- **Task objective**
Could you retype every entry below exactly as written?

- **Task inputs**
########################################

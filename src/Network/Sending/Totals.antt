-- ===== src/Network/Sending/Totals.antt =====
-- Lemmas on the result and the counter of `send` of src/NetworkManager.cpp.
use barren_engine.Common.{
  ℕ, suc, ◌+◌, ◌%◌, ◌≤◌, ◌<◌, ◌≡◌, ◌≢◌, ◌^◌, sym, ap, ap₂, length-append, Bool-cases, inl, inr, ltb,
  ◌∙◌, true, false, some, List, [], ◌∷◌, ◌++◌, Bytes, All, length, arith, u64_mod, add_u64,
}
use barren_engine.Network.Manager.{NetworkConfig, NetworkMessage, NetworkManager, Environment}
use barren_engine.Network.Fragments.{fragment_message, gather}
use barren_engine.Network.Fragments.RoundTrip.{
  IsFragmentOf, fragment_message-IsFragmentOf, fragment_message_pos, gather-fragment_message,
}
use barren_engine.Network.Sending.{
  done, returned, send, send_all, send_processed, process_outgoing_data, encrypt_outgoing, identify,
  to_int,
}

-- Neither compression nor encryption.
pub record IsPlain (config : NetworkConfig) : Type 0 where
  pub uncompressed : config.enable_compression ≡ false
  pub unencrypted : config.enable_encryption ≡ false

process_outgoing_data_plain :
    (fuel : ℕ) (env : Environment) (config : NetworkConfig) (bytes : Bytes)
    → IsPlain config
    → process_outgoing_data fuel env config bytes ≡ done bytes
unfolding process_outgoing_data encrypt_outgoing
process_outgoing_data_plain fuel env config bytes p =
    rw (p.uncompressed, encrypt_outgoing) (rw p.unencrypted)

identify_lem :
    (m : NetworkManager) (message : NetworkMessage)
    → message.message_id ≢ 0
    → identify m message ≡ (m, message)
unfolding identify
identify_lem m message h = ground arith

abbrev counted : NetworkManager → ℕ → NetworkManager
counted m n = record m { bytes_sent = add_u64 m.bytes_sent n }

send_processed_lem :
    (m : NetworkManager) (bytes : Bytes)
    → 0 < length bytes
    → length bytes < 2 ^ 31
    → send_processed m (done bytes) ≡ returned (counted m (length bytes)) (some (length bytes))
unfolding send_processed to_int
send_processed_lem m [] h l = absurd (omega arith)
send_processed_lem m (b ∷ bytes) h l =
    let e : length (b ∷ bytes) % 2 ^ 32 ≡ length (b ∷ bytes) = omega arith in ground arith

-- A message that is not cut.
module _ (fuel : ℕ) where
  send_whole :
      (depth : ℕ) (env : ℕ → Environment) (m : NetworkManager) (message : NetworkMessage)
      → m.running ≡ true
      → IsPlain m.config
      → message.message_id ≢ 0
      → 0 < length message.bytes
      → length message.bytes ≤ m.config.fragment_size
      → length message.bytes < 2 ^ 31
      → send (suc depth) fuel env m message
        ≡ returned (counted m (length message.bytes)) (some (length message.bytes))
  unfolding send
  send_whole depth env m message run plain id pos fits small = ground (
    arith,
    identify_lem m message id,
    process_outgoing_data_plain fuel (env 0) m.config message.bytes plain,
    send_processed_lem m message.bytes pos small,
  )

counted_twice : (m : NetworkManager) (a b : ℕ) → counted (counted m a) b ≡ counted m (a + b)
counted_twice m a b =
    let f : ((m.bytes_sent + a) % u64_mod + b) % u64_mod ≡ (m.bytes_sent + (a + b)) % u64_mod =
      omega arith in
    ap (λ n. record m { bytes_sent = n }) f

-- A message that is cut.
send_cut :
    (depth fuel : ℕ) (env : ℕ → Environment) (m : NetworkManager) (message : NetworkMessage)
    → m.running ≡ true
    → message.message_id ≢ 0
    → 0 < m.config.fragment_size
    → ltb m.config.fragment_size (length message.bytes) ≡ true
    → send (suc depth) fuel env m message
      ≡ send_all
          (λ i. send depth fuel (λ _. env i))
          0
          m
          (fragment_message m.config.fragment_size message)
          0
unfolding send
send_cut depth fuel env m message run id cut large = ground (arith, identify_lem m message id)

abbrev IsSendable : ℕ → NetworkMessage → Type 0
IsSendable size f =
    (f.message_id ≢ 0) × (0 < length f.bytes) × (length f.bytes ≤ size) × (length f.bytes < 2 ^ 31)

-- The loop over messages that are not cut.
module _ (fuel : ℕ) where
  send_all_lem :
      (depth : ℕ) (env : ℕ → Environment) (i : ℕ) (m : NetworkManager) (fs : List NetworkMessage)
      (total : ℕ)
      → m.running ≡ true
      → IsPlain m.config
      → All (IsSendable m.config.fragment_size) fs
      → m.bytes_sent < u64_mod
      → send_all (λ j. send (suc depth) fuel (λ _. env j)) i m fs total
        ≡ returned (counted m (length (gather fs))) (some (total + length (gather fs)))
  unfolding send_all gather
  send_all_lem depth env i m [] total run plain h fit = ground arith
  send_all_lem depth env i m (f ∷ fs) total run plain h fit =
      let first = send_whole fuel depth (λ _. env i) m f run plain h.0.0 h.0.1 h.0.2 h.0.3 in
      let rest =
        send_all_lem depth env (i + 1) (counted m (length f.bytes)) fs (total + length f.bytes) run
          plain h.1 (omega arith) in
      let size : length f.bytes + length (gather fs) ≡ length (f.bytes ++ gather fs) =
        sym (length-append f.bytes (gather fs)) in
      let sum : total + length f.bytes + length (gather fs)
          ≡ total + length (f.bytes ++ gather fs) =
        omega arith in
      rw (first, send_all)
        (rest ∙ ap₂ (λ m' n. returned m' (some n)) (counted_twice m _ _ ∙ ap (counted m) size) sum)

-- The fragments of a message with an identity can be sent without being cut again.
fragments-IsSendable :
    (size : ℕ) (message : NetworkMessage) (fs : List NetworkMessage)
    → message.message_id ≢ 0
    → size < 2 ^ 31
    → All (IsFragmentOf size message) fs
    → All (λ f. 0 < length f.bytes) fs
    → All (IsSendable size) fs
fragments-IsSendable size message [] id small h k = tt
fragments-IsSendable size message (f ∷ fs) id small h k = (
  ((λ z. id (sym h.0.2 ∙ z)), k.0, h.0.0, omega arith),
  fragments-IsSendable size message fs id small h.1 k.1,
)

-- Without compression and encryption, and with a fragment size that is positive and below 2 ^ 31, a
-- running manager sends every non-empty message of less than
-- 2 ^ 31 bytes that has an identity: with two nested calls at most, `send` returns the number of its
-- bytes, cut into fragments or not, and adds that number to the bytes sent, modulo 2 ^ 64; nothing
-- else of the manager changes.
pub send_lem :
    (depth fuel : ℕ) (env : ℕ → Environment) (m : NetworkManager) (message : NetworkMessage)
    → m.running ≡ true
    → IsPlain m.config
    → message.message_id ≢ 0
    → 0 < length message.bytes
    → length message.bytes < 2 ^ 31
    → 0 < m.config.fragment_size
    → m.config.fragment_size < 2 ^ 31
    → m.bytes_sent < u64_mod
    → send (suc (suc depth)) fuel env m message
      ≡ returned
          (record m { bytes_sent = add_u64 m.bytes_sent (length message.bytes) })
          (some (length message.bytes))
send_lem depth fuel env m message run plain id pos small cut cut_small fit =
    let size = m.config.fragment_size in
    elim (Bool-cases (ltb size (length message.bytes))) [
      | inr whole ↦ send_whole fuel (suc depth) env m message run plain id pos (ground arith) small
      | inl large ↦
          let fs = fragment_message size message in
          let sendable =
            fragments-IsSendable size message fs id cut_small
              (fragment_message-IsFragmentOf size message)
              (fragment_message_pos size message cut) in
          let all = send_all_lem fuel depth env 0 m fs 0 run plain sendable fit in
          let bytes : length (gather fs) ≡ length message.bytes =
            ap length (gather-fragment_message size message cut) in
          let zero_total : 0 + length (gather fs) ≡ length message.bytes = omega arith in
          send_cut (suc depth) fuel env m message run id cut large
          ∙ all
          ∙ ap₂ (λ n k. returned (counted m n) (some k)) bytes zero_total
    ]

########################################

- **Response to the task**
filename src/Network/Sending/Totals.antt
-- ===== src/Network/Sending/Totals.antt =====
-- Lemmas on the result and the counter of `send` of src/NetworkManager.cpp.
use barren_engine.Common.{
  ℕ, suc, ◌+◌, ◌%◌, ◌≤◌, ◌<◌, ◌≡◌, ◌≢◌, ◌^◌, sym, ap, ap₂, length-append, Bool-cases, inl, inr, ltb,
  ◌∙◌, true, false, some, List, [], ◌∷◌, ◌++◌, Bytes, All, length, arith, u64_mod, add_u64,
}
use barren_engine.Network.Manager.{NetworkConfig, NetworkMessage, NetworkManager, Environment}
use barren_engine.Network.Fragments.{fragment_message, gather}
use barren_engine.Network.Fragments.RoundTrip.{
  IsFragmentOf, fragment_message-IsFragmentOf, fragment_message_pos, gather-fragment_message,
}
use barren_engine.Network.Sending.{
  done, returned, send, send_all, send_processed, process_outgoing_data, encrypt_outgoing, identify,
  to_int,
}

-- Neither compression nor encryption.
pub record IsPlain (config : NetworkConfig) : Type 0 where
  pub uncompressed : config.enable_compression ≡ false
  pub unencrypted : config.enable_encryption ≡ false

process_outgoing_data_plain :
    (fuel : ℕ) (env : Environment) (config : NetworkConfig) (bytes : Bytes)
    → IsPlain config
    → process_outgoing_data fuel env config bytes ≡ done bytes
unfolding process_outgoing_data encrypt_outgoing
process_outgoing_data_plain fuel env config bytes p =
    rw (p.uncompressed, encrypt_outgoing) (rw p.unencrypted)

identify_lem :
    (m : NetworkManager) (message : NetworkMessage)
    → message.message_id ≢ 0
    → identify m message ≡ (m, message)
unfolding identify
identify_lem m message h = ground arith

abbrev counted : NetworkManager → ℕ → NetworkManager
counted m n = record m { bytes_sent = add_u64 m.bytes_sent n }

send_processed_lem :
    (m : NetworkManager) (bytes : Bytes)
    → 0 < length bytes
    → length bytes < 2 ^ 31
    → send_processed m (done bytes) ≡ returned (counted m (length bytes)) (some (length bytes))
unfolding send_processed to_int
send_processed_lem m [] h l = absurd (omega arith)
send_processed_lem m (b ∷ bytes) h l =
    let e : length (b ∷ bytes) % 2 ^ 32 ≡ length (b ∷ bytes) = omega arith in ground arith

-- A message that is not cut.
module _ (fuel : ℕ) where
  send_whole :
      (depth : ℕ) (env : ℕ → Environment) (m : NetworkManager) (message : NetworkMessage)
      → m.running ≡ true
      → IsPlain m.config
      → message.message_id ≢ 0
      → 0 < length message.bytes
      → length message.bytes ≤ m.config.fragment_size
      → length message.bytes < 2 ^ 31
      → send (suc depth) fuel env m message
        ≡ returned (counted m (length message.bytes)) (some (length message.bytes))
  unfolding send
  send_whole depth env m message run plain id pos fits small = ground (
    arith,
    identify_lem m message id,
    process_outgoing_data_plain fuel (env 0) m.config message.bytes plain,
    send_processed_lem m message.bytes pos small,
  )

counted_twice : (m : NetworkManager) (a b : ℕ) → counted (counted m a) b ≡ counted m (a + b)
counted_twice m a b =
    let f : ((m.bytes_sent + a) % u64_mod + b) % u64_mod ≡ (m.bytes_sent + (a + b)) % u64_mod =
      omega arith in
    ap (λ n. record m { bytes_sent = n }) f

-- A message that is cut.
send_cut :
    (depth fuel : ℕ) (env : ℕ → Environment) (m : NetworkManager) (message : NetworkMessage)
    → m.running ≡ true
    → message.message_id ≢ 0
    → 0 < m.config.fragment_size
    → ltb m.config.fragment_size (length message.bytes) ≡ true
    → send (suc depth) fuel env m message
      ≡ send_all
          (λ i. send depth fuel (λ _. env i))
          0
          m
          (fragment_message m.config.fragment_size message)
          0
unfolding send
send_cut depth fuel env m message run id cut large = ground (arith, identify_lem m message id)

abbrev IsSendable : ℕ → NetworkMessage → Type 0
IsSendable size f =
    (f.message_id ≢ 0) × (0 < length f.bytes) × (length f.bytes ≤ size) × (length f.bytes < 2 ^ 31)

-- The loop over messages that are not cut.
module _ (fuel : ℕ) where
  send_all_lem :
      (depth : ℕ) (env : ℕ → Environment) (i : ℕ) (m : NetworkManager) (fs : List NetworkMessage)
      (total : ℕ)
      → m.running ≡ true
      → IsPlain m.config
      → All (IsSendable m.config.fragment_size) fs
      → m.bytes_sent < u64_mod
      → send_all (λ j. send (suc depth) fuel (λ _. env j)) i m fs total
        ≡ returned (counted m (length (gather fs))) (some (total + length (gather fs)))
  unfolding send_all gather
  send_all_lem depth env i m [] total run plain h fit = ground arith
  send_all_lem depth env i m (f ∷ fs) total run plain h fit =
      let first = send_whole fuel depth (λ _. env i) m f run plain h.0.0 h.0.1 h.0.2 h.0.3 in
      let rest =
        send_all_lem depth env (i + 1) (counted m (length f.bytes)) fs (total + length f.bytes) run
          plain h.1 (omega arith) in
      let size : length f.bytes + length (gather fs) ≡ length (f.bytes ++ gather fs) =
        sym (length-append f.bytes (gather fs)) in
      let sum : total + length f.bytes + length (gather fs)
          ≡ total + length (f.bytes ++ gather fs) =
        omega arith in
      rw (first, send_all)
        (rest ∙ ap₂ (λ m' n. returned m' (some n)) (counted_twice m _ _ ∙ ap (counted m) size) sum)

-- The fragments of a message with an identity can be sent without being cut again.
fragments-IsSendable :
    (size : ℕ) (message : NetworkMessage) (fs : List NetworkMessage)
    → message.message_id ≢ 0
    → size < 2 ^ 31
    → All (IsFragmentOf size message) fs
    → All (λ f. 0 < length f.bytes) fs
    → All (IsSendable size) fs
fragments-IsSendable size message [] id small h k = tt
fragments-IsSendable size message (f ∷ fs) id small h k = (
  ((λ z. id (sym h.0.2 ∙ z)), k.0, h.0.0, omega arith),
  fragments-IsSendable size message fs id small h.1 k.1,
)

-- Without compression and encryption, and with a fragment size that is positive and below 2 ^ 31, a
-- running manager sends every non-empty message of less than
-- 2 ^ 31 bytes that has an identity: with two nested calls at most, `send` returns the number of its
-- bytes, cut into fragments or not, and adds that number to the bytes sent, modulo 2 ^ 64; nothing
-- else of the manager changes.
pub send_lem :
    (depth fuel : ℕ) (env : ℕ → Environment) (m : NetworkManager) (message : NetworkMessage)
    → m.running ≡ true
    → IsPlain m.config
    → message.message_id ≢ 0
    → 0 < length message.bytes
    → length message.bytes < 2 ^ 31
    → 0 < m.config.fragment_size
    → m.config.fragment_size < 2 ^ 31
    → m.bytes_sent < u64_mod
    → send (suc (suc depth)) fuel env m message
      ≡ returned
          (record m { bytes_sent = add_u64 m.bytes_sent (length message.bytes) })
          (some (length message.bytes))
send_lem depth fuel env m message run plain id pos small cut cut_small fit =
    let size = m.config.fragment_size in
    elim (Bool-cases (ltb size (length message.bytes))) [
      | inr whole ↦ send_whole fuel (suc depth) env m message run plain id pos (ground arith) small
      | inl large ↦
          let fs = fragment_message size message in
          let sendable =
            fragments-IsSendable size message fs id cut_small
              (fragment_message-IsFragmentOf size message)
              (fragment_message_pos size message cut) in
          let all = send_all_lem fuel depth env 0 m fs 0 run plain sendable fit in
          let bytes : length (gather fs) ≡ length message.bytes =
            ap length (gather-fragment_message size message cut) in
          let zero_total : 0 + length (gather fs) ≡ length message.bytes = omega arith in
          send_cut (suc depth) fuel env m message run id cut large
          ∙ all
          ∙ ap₂ (λ n k. returned (counted m n) (some k)) bytes zero_total
    ]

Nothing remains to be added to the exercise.